Our hypothesis about primordial particles [1]-[5] introduces the concept of quantized-velocity space, in which there exist fundamental particles, to which, in their ground state, we can assign masses equal to the Planck mass, and which exist before the creation of our space and time (For the sake of a more concise expression, in further work, we will simply call the mass attributed to these primary particles “masses of primary particles”). The transition of one of them into the domain of velocities smaller than or equal to the speed of light is interpreted as quantum tunneling that causes the creation of our space and time through the Big Bang.

On the other hand, quantum gravity (especially Loop Quantum Gravity and Loop Quantum Cosmology) [6] [7] offers a framework for quantizing space and time and removing the Big Bang singularity, replacing it with a quantum bounce (the Big Bounce).

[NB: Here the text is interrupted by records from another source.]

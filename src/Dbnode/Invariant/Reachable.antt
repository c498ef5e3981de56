-- ===== src/Dbnode/Invariant/Reachable.antt =====
-- dbnode/dbnode.go: the states that a node comes to, from `New` on.
use part_ii_project.Base.{Safe-value, Safe, ok, ℕ, ◌≤◌, ◌<◌, ◌≡◌, subst, Bool, true, List}
use part_ii_project.Packet.{Message}
use part_ii_project.Datastore.{Store}
use part_ii_project.Elector.{Elector}
use part_ii_project.Dbnode.Loop.{on_incoming, on_timed_out}
use part_ii_project.Dbnode.Startup.{new_node}
use part_ii_project.Dbnode.State.{Dbnode}
use part_ii_project.Dbnode.Invariant.{IsWf}
use part_ii_project.Dbnode.Invariant.Rounds.{on_incoming-Safe, on_timed_out-Safe, is_answer}
use part_ii_project.Dbnode.Invariant.Initial.{new_node-IsWf}
use part_ii_project.Dbnode.Invariant.Steps.{Bounded}

module _ {S E : Type 0} (st : Store S) (el : Elector E) where
  -- A round of a node that does not stop: one for a message, in which an answer to a coordinator comes
  -- from a node of the system, with the permutations that are drawn in it, or one for the end of a
  -- request's time.
  pub data Round (n : Dbnode S E) (b : Dbnode S E) : Type 0 where
    incoming :
        (perm next_perm : ℕ → List ℕ) (m : Message)
        → Bounded perm
        → Bounded next_perm
        → (is_answer m.demux_key ≡ true → m.src ≤ n.num_peers)
        → on_incoming st el perm next_perm m n ≡ ok b
        → Round n b
    timed_out : (p : ℕ) → on_timed_out st p n ≡ ok b → Round n b

  pub data Reach (n : Dbnode S E) : Dbnode S E → Type 0 where
    here : Reach n n
    next : {b c : Dbnode S E} → Reach n b → Round b c → Reach n c

  Round-IsWf : {n b : Dbnode S E} → Round n b → IsWf n → IsWf b
  Round-IsWf (incoming perm next_perm m a a' from e) w =
      Safe-value (subst (Safe IsWf) e (on_incoming-Safe st el perm next_perm m _ a a' from w))
  Round-IsWf (timed_out p e) w = Safe-value (subst (Safe IsWf) e (on_timed_out-Safe st p _ w))

  Reach-IsWf : {n b : Dbnode S E} → IsWf n → Reach n b → IsWf b
  Reach-IsWf w here = w
  Reach-IsWf w (next r s) = Round-IsWf s (Reach-IsWf w r)

  -- Whatever rounds a new node of a system has made, each with permutations of its own, its state has the invariant, and neither the next
  -- message, if an answer to a coordinator comes from a node of the system, nor the end of a request's
  -- time makes it write to a nil map.
  pub reachable-Safe :
      (size id : ℕ) (store : S) (elector : E) (rqs wqs : ℕ) (sloppy : Bool) (b : Dbnode S E)
      (perm next_perm : ℕ → List ℕ) (m : Message) (p : ℕ)
      → Bounded perm
      → Bounded next_perm
      → id < size
      → Reach (new_node size id store elector rqs wqs sloppy) b
      → (is_answer m.demux_key ≡ true → m.src ≤ b.num_peers)
      → IsWf b × Safe IsWf (on_incoming st el perm next_perm m b) × Safe IsWf (on_timed_out st p b)
  reachable-Safe size id store elector rqs wqs sloppy b perm next_perm m p a a' h r from =
      let w = Reach-IsWf (new_node-IsWf size id store elector rqs wqs sloppy h) r in
      (w, on_incoming-Safe st el perm next_perm m b a a' from w, on_timed_out-Safe st p b w)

In this paper, we connect these two approaches into one coherent theoretical framework and consider the experimental consequences of such a model.

2. Theoretical Basis

2.1. Quantized-Velocity Space

We assume that in the pre-space, there exist velocities:

$v_n=n{\epsilon }_v,n\in \mathbb{N},$ (1)

where ${\epsilon }_v$ is the quantum velocity, and the primordial particle of mass $m_p=m_{\text{Planck}}$ has energy:

$E_n=\frac{1}{2}{m}_p{\left(n{\epsilon }_v\right)}^2.$ (2)

2.2. Tunneling through the Velocity Barrier

The barrier between the quantized-velocity space and our universe is defined as:

$V\left(v\right)=\frac{1}{2}{m}_p{c}^2.$

The probability of tunneling is:

$\mathcal{A}\left(v\right)~\text{exp}\left[-\frac{1}{\hslash }{\displaystyle {\int }_{v_f}^{v_i}\sqrt{2m_p\left(V\left(v\right)-E\left(v\right)\right)}\text{d}v}\right],$ (3)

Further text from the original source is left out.